Convergent etymology: paella / pilau

The other day in the London City out of scientific interest I ate from a hipster stall a portion of /pʌɪˈɛlə/. It wasn’t paella – it looked and tasted like sewage sludge, black, oily, foul – but I couldn’t work out (and didn’t dare ask) what method had led to this madness.

A couple of days later, somewhere in NW, I paid a Moroccan street vendor a fiver for a fine piece of chermoula-marinaded sea bass, which came with rice, sold again as /pʌɪˈɛlə/. The rice was fine, but prepared and spiced like a generic Ottoman pilav, so I deserted the grunting Slav street alcoholic on my table, and gently cross-questioned the entrepreneur.

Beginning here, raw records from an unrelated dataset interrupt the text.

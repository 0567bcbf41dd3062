-- ===== src/Config/Set.antt =====
-- What tealet_configure_set and _get do with a request.
use mathlib.Core.Bool.{false≢true}
use libtealet.Base.{
  ℕ, ◌^◌, ◌≤◌, ◌<◌, ◌≡◌, refl, sym, ap, subst, ◌∙◌, inl, inr, true, false, some, leb, ◌==◌, min,
  arith, Bool-cases,
}
use libtealet.Platform.{null, Platform}
use libtealet.Domain.{Domain, Settings, done, err_inval, is_error}
use libtealet.Stats.{malloc}
use libtealet.Config.{canonicalize, snapshot_required_capacity, snapshot_ensure_capacity}
use libtealet.Config.Canonical.{canonicalize-IsCanonical, canonicalize_fixed}
use libtealet.Config.Request.{
  ConfigStruct, sizeof_config, copy_prefix, settings_of, with_settings, blank, config_has_header,
  requested, configure_set, configure_get, fill_from_main,
}
use libtealet.Config.Copy.{
  Fits, splice-four, splice-eight, settings_back, copied, settings_in, canonical-Fits, blank-Fits,
}

-- What a call that succeeds has done.
pub set_done :
    (pf : Platform) (c : ConfigStruct) (d : Domain)
    → (configure_set pf (some c) d).0 ≡ done
    → (let want = requested d c in
        let made = snapshot_ensure_capacity (snapshot_required_capacity pf (settings_of want)) d in
        ((configure_set pf (some c) d).2.settings ≡ settings_of want)
        × ((configure_set pf (some c) d).1 ≡ some (copy_prefix (min c.size sizeof_config) want c))
        × (is_error made.0 ≡ false)
        × ((configure_set pf (some c) d).2.integrity ≡ made.1.integrity))
unfolding configure_set
set_done pf c d ok =
    let made =
      snapshot_ensure_capacity (snapshot_required_capacity pf (settings_of (requested d c))) d in
    elim (Bool-cases (config_has_header (some c))) [
      | inr e ↦ absurd (refusal (rw e at ok))
      | inl e ↦ elim (Bool-cases (c.version == 1)) [
        | inr f ↦ absurd (refusal (rw (e, f) at ok))
        | inl f ↦ elim (Bool-cases (is_error made.0)) [
          | inl g ↦ absurd (false≢true (ap is_error (sym (rw (e, f, g) at ok)) ∙ g))
          | inr g ↦ rw (e, f, g) (refl, refl, refl, refl)
        ]
      ]
    ]
  where
    refusal : err_inval ≡ done → ⊥
    refusal z = absurd (cc)

-- A request of the size and version of this build.
pub record IsCurrent (c : ConfigStruct) (d : Domain) : Type 0 where
  pub size : c.size ≡ sizeof_config
  pub version : c.version ≡ 1
  pub fits : Fits c
  pub max_size : d.settings.max_stack_size < 2 ^ 64

module _ (pf : Platform) (c : ConfigStruct) (d : Domain) (now : IsCurrent c d) where
  abbrev base : ConfigStruct
  base = blank c.size d.settings.max_stack_size

  abbrev asked : ConfigStruct
  asked = record (copy_prefix sizeof_config c base) { version = 1 }

  asked_settings : settings_of asked ≡ settings_of c
  asked_settings =
      copied c base now.fits
        (blank-Fits c.size d.settings.max_stack_size now.fits.size now.max_size)

  whole_copy : min c.size sizeof_config ≡ sizeof_config
  whole_copy = rw now.size refl

  asked-Fits : Fits asked
  unfolding copy_prefix
  asked-Fits =
      let f = now.fits in
      let g = blank-Fits c.size d.settings.max_stack_size f.size now.max_size in
      record {
        size =
            subst (λ x. x < 2 ^ 64)
              (sym (splice-eight sizeof_config 0 c.size base.size (omega arith) f.size g.size))
              f.size;
        version = omega arith;
        flags =
            subst (λ x. x < 2 ^ 32)
              (sym (splice-four sizeof_config 12 c.flags base.flags (omega arith) f.flags g.flags))
              f.flags;
        bytes =
            subst (λ (x : Settings). x.stack_integrity_bytes < 2 ^ 64) (sym asked_settings) f.bytes;
        mode = subst (λ (x : Settings). x.stack_guard_mode < 2 ^ 32) (sym asked_settings) f.mode;
        policy =
            subst (λ (x : Settings). x.stack_integrity_fail_policy < 2 ^ 32) (sym asked_settings)
              f.policy;
        limit = subst (λ (x : Settings). x.stack_guard_limit < 2 ^ 64) (sym asked_settings) f.limit;
        max_size =
            subst (λ (x : Settings). x.max_stack_size < 2 ^ 64) (sym asked_settings) f.max_size;
      }

  requested_settings : settings_of (requested d c) ≡ canonicalize (settings_of c)
  unfolding requested
  requested_settings = rw whole_copy (settings_back _ asked ∙ ap canonicalize asked_settings)

  requested-Fits : Fits (requested d c)
  unfolding requested
  requested-Fits =
      let a = asked-Fits in
      rw whole_copy (canonical-Fits asked (settings_of asked) a a.bytes a.limit a.max_size)

  -- For a request of the size and version of this build whose fields fit their widths, with a
  -- maximal stack size in force that fits a size_t: if tealet_configure_set succeeds, the
  -- canonical form of the request is in force, the caller's structure says so afterwards, and
  -- a tealet_configure_get into a structure of that size says so too.
  pub configure_get-configure_set :
      (configure_set pf (some c) d).0 ≡ done
      → ((configure_set pf (some c) d).2.settings ≡ canonicalize (settings_of c))
        × (settings_in (configure_set pf (some c) d).1 ≡ some (canonicalize (settings_of c)))
        × (settings_in (configure_get (some c) (configure_set pf (some c) d).2).1
            ≡ some (canonicalize (settings_of c)))
  unfolding configure_get config_has_header fill_from_main
  configure_get-configure_set ok =
      let t = set_done pf c d ok in
      let want = requested d c in
      let d' = (configure_set pf (some c) d).2 in
      let goal = canonicalize (settings_of c) in
      let f = now.fits in
      let force : d'.settings ≡ goal = t.0 ∙ requested_settings in
      let again : canonicalize d'.settings ≡ goal =
        ap canonicalize force
        ∙ canonicalize_fixed goal (canonicalize-IsCanonical (settings_of c)) in
      let fill =
        with_settings (canonicalize d'.settings) (record (blank c.size 0) { version = 1 }) in
      let k = canonical-Fits c (settings_of c) f f.bytes f.limit f.max_size in
      let fill-Fits : Fits fill =
        canonical-Fits (blank c.size 0) d'.settings (blank-Fits c.size 0 f.size (omega arith))
          (subst (λ (x : Settings). x.stack_integrity_bytes < 2 ^ 64) (sym force) k.bytes)
          (subst (λ (x : Settings). x.stack_guard_limit < 2 ^ 64) (sym force) k.limit)
          (subst (λ (x : Settings). x.max_stack_size < 2 ^ 64) (sym force) k.max_size) in
      let copies : (x : ConfigStruct)
          → Fits x
          → settings_of (copy_prefix (min c.size sizeof_config) x c) ≡ settings_of x =
        λ x g. ap (λ n. settings_of (copy_prefix n x c)) whole_copy ∙ copied x c g f in
      let header : leb 12 c.size ≡ true = rw now.size refl in
      (
        force,
        ap settings_in t.1 ∙ ap some (copies want requested-Fits ∙ requested_settings),
        rw header (
            ap some (
              copies fill fill-Fits
              ∙ (settings_back (canonicalize d'.settings) (record (blank c.size 0) { version = 1 })
                  ∙ again))),
      )

failed_ensure :
    (required : ℕ) (d : Domain)
    → is_error (snapshot_ensure_capacity required d).0 ≡ true
    → ((snapshot_ensure_capacity required d).1.settings ≡ d.settings)
      × ((snapshot_ensure_capacity required d).1.integrity ≡ d.integrity)
unfolding snapshot_ensure_capacity malloc
failed_ensure required d bad = elim (Bool-cases (required == 0)) [
  | inl e ↦ rw e (refl, refl)
  | inr e ↦ elim (Bool-cases (leb required d.integrity.snapshot_capacity)) [
    | inl f ↦ rw (e, f) (refl, refl)
    | inr f ↦ elim (Bool-cases ((malloc required d).0 == null)) [
      | inl g ↦ rw (e, f, g) (refl, refl)
      | inr g ↦ absurd (false≢true (rw (e, f, g) at bad))
    ]
  ]
]

pub ensure_done :
    (required : ℕ) (d : Domain)
    → is_error (snapshot_ensure_capacity required d).0 ≡ false
    → required ≤ (snapshot_ensure_capacity required d).1.integrity.snapshot_capacity
unfolding snapshot_ensure_capacity malloc
ensure_done required d ok = elim (Bool-cases (required == 0)) [
  | inl e ↦ rw e (ground arith)
  | inr e ↦ elim (Bool-cases (leb required d.integrity.snapshot_capacity)) [
    | inl f ↦ rw (e, f) (ground arith)
    | inr f ↦ elim (Bool-cases ((malloc required d).0 == null)) [
      | inl g ↦ absurd (false≢true (sym (rw (e, f, g) at ok)))
      | inr g ↦ rw (e, f, g) (omega arith)
    ]
  ]
]

-- A tealet_configure_set that returns an error, for whatever reason, leaves the settings in
-- force, the snapshot with its workspace and the caller's structure as they were.
pub configure_set_refused :
    (pf : Platform) (c : ConfigStruct) (d : Domain)
    → is_error (configure_set pf (some c) d).0 ≡ true
    → ((configure_set pf (some c) d).1 ≡ some c)
      × ((configure_set pf (some c) d).2.settings ≡ d.settings)
      × ((configure_set pf (some c) d).2.integrity ≡ d.integrity)
unfolding configure_set
configure_set_refused pf c d bad =
    let required = snapshot_required_capacity pf (settings_of (requested d c)) in
    let made = snapshot_ensure_capacity required d in
    elim (Bool-cases (config_has_header (some c))) [
      | inr e ↦ rw e (refl, refl, refl)
      | inl e ↦ elim (Bool-cases (c.version == 1)) [
        | inr f ↦ rw (e, f) (refl, refl, refl)
        | inl f ↦ elim (Bool-cases (is_error made.0)) [
          | inl g ↦ let k = failed_ensure required d g in rw (e, f, g) (refl, k.0, k.1)
          | inr g ↦ absurd (false≢true (rw (e, f, g) at bad))
        ]
      ]
    ]
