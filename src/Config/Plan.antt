-- ===== src/Config/Plan.antt =====
-- The workspace that tealet_configure_set sees to and the plan that uses it.
use libtealet.Base.{
  ℕ, ◌+◌, ◌-◌, ◌%◌, ◌^◌, ◌≤◌, ◌<◌, ◌≡◌, ap, inl, inr, some, ltb, ltb→lt, ◌==◌, if◌then◌else◌, arith,
  Bool-cases, ==→eq,
}
use libtealet.Base.Bits.{bit_and_le, bit_and-complement}
use libtealet.Platform.{Ptr, Platform}
use libtealet.Domain.{Domain, Settings, Integrity, done}
use libtealet.Integrity.{guard_pagesize, align_up, monitored, plan_pages, plan_split}
use libtealet.Config.{snapshot_required_capacity}
use libtealet.Config.Request.{ConfigStruct, configure_set, requested, settings_of}
use libtealet.Config.Set.{set_done, ensure_done}

monitored_le : (c : Settings) (far : Ptr) → monitored c far ≤ c.stack_integrity_bytes
unfolding monitored
monitored_le c far = ground arith

-- Aligned up, an address moves by less than a page, also over the end of the address space.
align_up_near : (mask a : ℕ) → a < 2 ^ 64 → (align_up mask a + (2 ^ 64 - a)) % 2 ^ 64 ≤ mask
unfolding align_up
align_up_near mask a h = elim (Bool-cases (ltb mask (2 ^ 64))) [
  | inl e ↦
      let small : mask < 2 ^ 64 = ltb→lt _ _ e in
      let below = bit_and_le ((a + mask) % 2 ^ 64) (2 ^ 64 - 1 - mask) in
      let above = bit_and-complement 64 ((a + mask) % 2 ^ 64) mask (omega arith) small in
      omega (arith, below, above)
  | inr e ↦ ground arith
]

pages_snapshot :
    (page far bytes snapshot : ℕ) (i : Integrity)
    → far < 2 ^ 64
    → ((plan_pages page far bytes snapshot i).snapshot_bytes ≤ snapshot)
      × ((plan_pages page far bytes snapshot i).snapshot_bytes ≤ page - 1)
unfolding plan_pages
pages_snapshot page far bytes snapshot i h =
    (ground arith, ground (arith, align_up_near (page - 1) far h))

-- What the plan wants to take a snapshot of has room in the workspace of the size that
-- tealet_snapshot_required_capacity computes.
planned_fits :
    (pf : Platform) (far : Ptr) (c : Settings) (i : Integrity)
    → far + c.stack_integrity_bytes < 2 ^ 64
    → (plan_split pf far (monitored c far) c i).snapshot_bytes ≤ snapshot_required_capacity pf c
unfolding plan_split snapshot_required_capacity monitored
planned_fits pf far c i room =
    let bytes = monitored c far in
    let le = monitored_le c far in
    let pages =
      pages_snapshot (guard_pagesize pf) far bytes (if c.flags.snapshot then bytes else 0)
        (record i { stack_base = far; snapshot_bytes = if c.flags.snapshot then bytes else 0 })
        (omega arith) in
    elim (Bool-cases c.flags.guard) [
      | inr g ↦ rw g (ground (arith, le))
      | inl g ↦ elim (Bool-cases (guard_pagesize pf == 0)) [
        | inl z ↦ rw (g, z, ==→eq _ _ z) (ground (arith, le))
        | inr z ↦ elim (Bool-cases (ltb far ((far + bytes) % 2 ^ 64))) [
          | inl l ↦ rw (g, z, l) (ground (arith, le, pages))
          | inr l ↦
              let none_left : bytes ≡ 0 = ground (arith, le) in
              rw (g, z, l, none_left) (ground arith)
        ]
      ]
    ]

-- After a call of tealet_configure_set that succeeded, for any far boundary and as long as the
-- bytes to watch do not run over the end of the address space, what
-- tealet_integrity_plan_for_current wants to take a snapshot of has room in the workspace.
pub configure_set-planned :
    (pf : Platform) (c : ConfigStruct) (d : Domain) (far : Ptr)
    → (configure_set pf (some c) d).0 ≡ done
    → far + (configure_set pf (some c) d).2.settings.stack_integrity_bytes < 2 ^ 64
    → (plan_split pf far
        (monitored (configure_set pf (some c) d).2.settings far)
        (configure_set pf (some c) d).2.settings
        (configure_set pf (some c) d).2.integrity).snapshot_bytes
      ≤ (configure_set pf (some c) d).2.integrity.snapshot_capacity
configure_set-planned pf c d far ok room =
    let t = set_done pf c d ok in
    let d' = (configure_set pf (some c) d).2 in
    let fits = planned_fits pf far d'.settings d'.integrity room in
    let made = ensure_done (snapshot_required_capacity pf (settings_of (requested d c))) d t.2 in
    omega (
      arith,
      fits,
      made,
      ap (snapshot_required_capacity pf) t.0,
      ap (λ (x : Integrity). x.snapshot_capacity) t.3,
    )
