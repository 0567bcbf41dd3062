-- ===== src/Growth/New.antt =====
-- What tealet_stack_saveto gives: the first slice of the stack of the tealet that is leaving.
use libtealet.Base.{
  ℕ, ◌+◌, ◌-◌, ◌≤◌, ◌<◌, ◌≡◌, ◌≢◌, refl, inl, inr, Bool, true, false, List, [], ◌==◌, has,
  Bool-cases, ==→ne, lt→leb, le→leb,
}
use libtealet.Base.Int.{clamp_size, clamp_size-sub_ℕ}
use libtealet.Platform.{Ptr, null, Platform, IsDescending}
use libtealet.Memory.{Mem, write-read_self}
use libtealet.Domain.{Domain, Stack, Stats, put_stack}
use libtealet.Stats.{malloc, malloc-has, add_stack}
use libtealet.Stack.{copy_chunk, stack_new, stack_restore, restore_chunks}
use libtealet.Stack.Image.{near, IsWhole, copy_chunk-IsChain}
use libtealet.Growth.{stack_saveto}
use libtealet.Growth.Step.{charge}

abbrev pub first_slice : Mem → (near far : Ptr) → ℕ → Stack
first_slice m near far size = record {
  refcount = 1;
  is_defunct = false;
  stack_far = far;
  saved = size;
  chunk = copy_chunk m near size;
  rest = [];
}

-- No memory, or a new stack that is saved to `stop` (if that is not behind `near`).
pub data Saveto (near far stop : Ptr) (full : Bool) (d : Domain) (r : Ptr × Bool × Domain)
    : Type 0 where
  no_memory :
      (answers : List Ptr)
      → r ≡ (null, full, charge answers d.stats d)
      → Saveto near far stop full d r
  slice :
      (p : Ptr) (answers : List Ptr) (stats : Stats)
      → r
        ≡ (p, full, put_stack p (first_slice d.mem near far (stop - near)) (charge answers stats d))
      → p ≢ null
      → has p d.answers ≡ true
      → Saveto near far stop full d r

module _ (pf : Platform) (law : IsDescending pf) where
  Saveto-stop :
      (near far stop : Ptr) (full : Bool) (d : Domain)
      → Saveto near far stop full d (
          let (p, d') = stack_new pf near far (clamp_size (pf.sp_diff stop near)) d in
          (p, full, d'))
  unfolding stack_new
  Saveto-stop near far stop full d =
      rw (law.sp_diff_lem, clamp_size-sub_ℕ)
        (elim (Bool-cases ((malloc 0 d).0 == null)) [
          | inl e ↦ rw e (no_memory (malloc 0 d).1.answers refl)
          | inr e ↦ rw e (
              slice (malloc 0 d).0 (malloc 0 d).1.answers
                (add_stack (pf.stack_header + (stop - near)) d.stats) refl (==→ne _ _ e)
                (malloc-has 0 d (==→ne _ _ e)))
        ])

  pub stack_saveto-full :
      (near far saveto : Ptr) (d : Domain)
      → far ≤ saveto
      → Saveto near far far true d (stack_saveto pf near far saveto d)
  unfolding stack_saveto
  stack_saveto-full near far saveto d h =
      rw (law.sp_le_lem, le→leb _ _ h) (Saveto-stop near far far true d)

  pub stack_saveto-partial :
      (near far saveto : Ptr) (d : Domain)
      → saveto < far
      → Saveto near far saveto false d (stack_saveto pf near far saveto d)
  unfolding stack_saveto
  stack_saveto-partial near far saveto d h =
      rw (law.sp_le_lem, lt→leb _ _ h) (Saveto-stop near far saveto false d)

-- A first slice is whole, and where it is copied back it gives the bytes that it was taken of.
pub first_slice-IsWhole : (m : Mem) (a far : Ptr) (size : ℕ) → IsWhole (first_slice m a far size)
unfolding copy_chunk
first_slice-IsWhole m a far size = copy_chunk-IsChain m a size (a + size) refl

pub near-first_slice : (m : Mem) (a far : Ptr) (size : ℕ) → near (first_slice m a far size) ≡ a
unfolding copy_chunk
near-first_slice m a far size = refl

-- A first slice that is copied back into the memory it was taken from changes nothing.
pub restore-first_slice :
    (m : Mem) (a far : Ptr) (size : ℕ) (p : Ptr)
    → stack_restore (first_slice m a far size) m p ≡ m p
unfolding stack_restore restore_chunks copy_chunk
restore-first_slice m a far size p = write-read_self m a size p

Firstly, Spanish branding works. So far, so obvious.

Secondly, paella-the-dish is a miserable Iberian copy of a great Maghrebism, and paella-the-word is merely the application of a Spanish ll marinade to pilau, or whatever. That’s amusing bollocks, so it should do quite well on internet.

Thirdly, the only difference between /pʌɪˈɛlə/-palou and risotto is that you stir the latter. Sounds like Caliphate cookery.

Then I had a pint of Doom Bar for 3GBP – not bad for a neighbourhood where three-bed ex-council flats go for a million.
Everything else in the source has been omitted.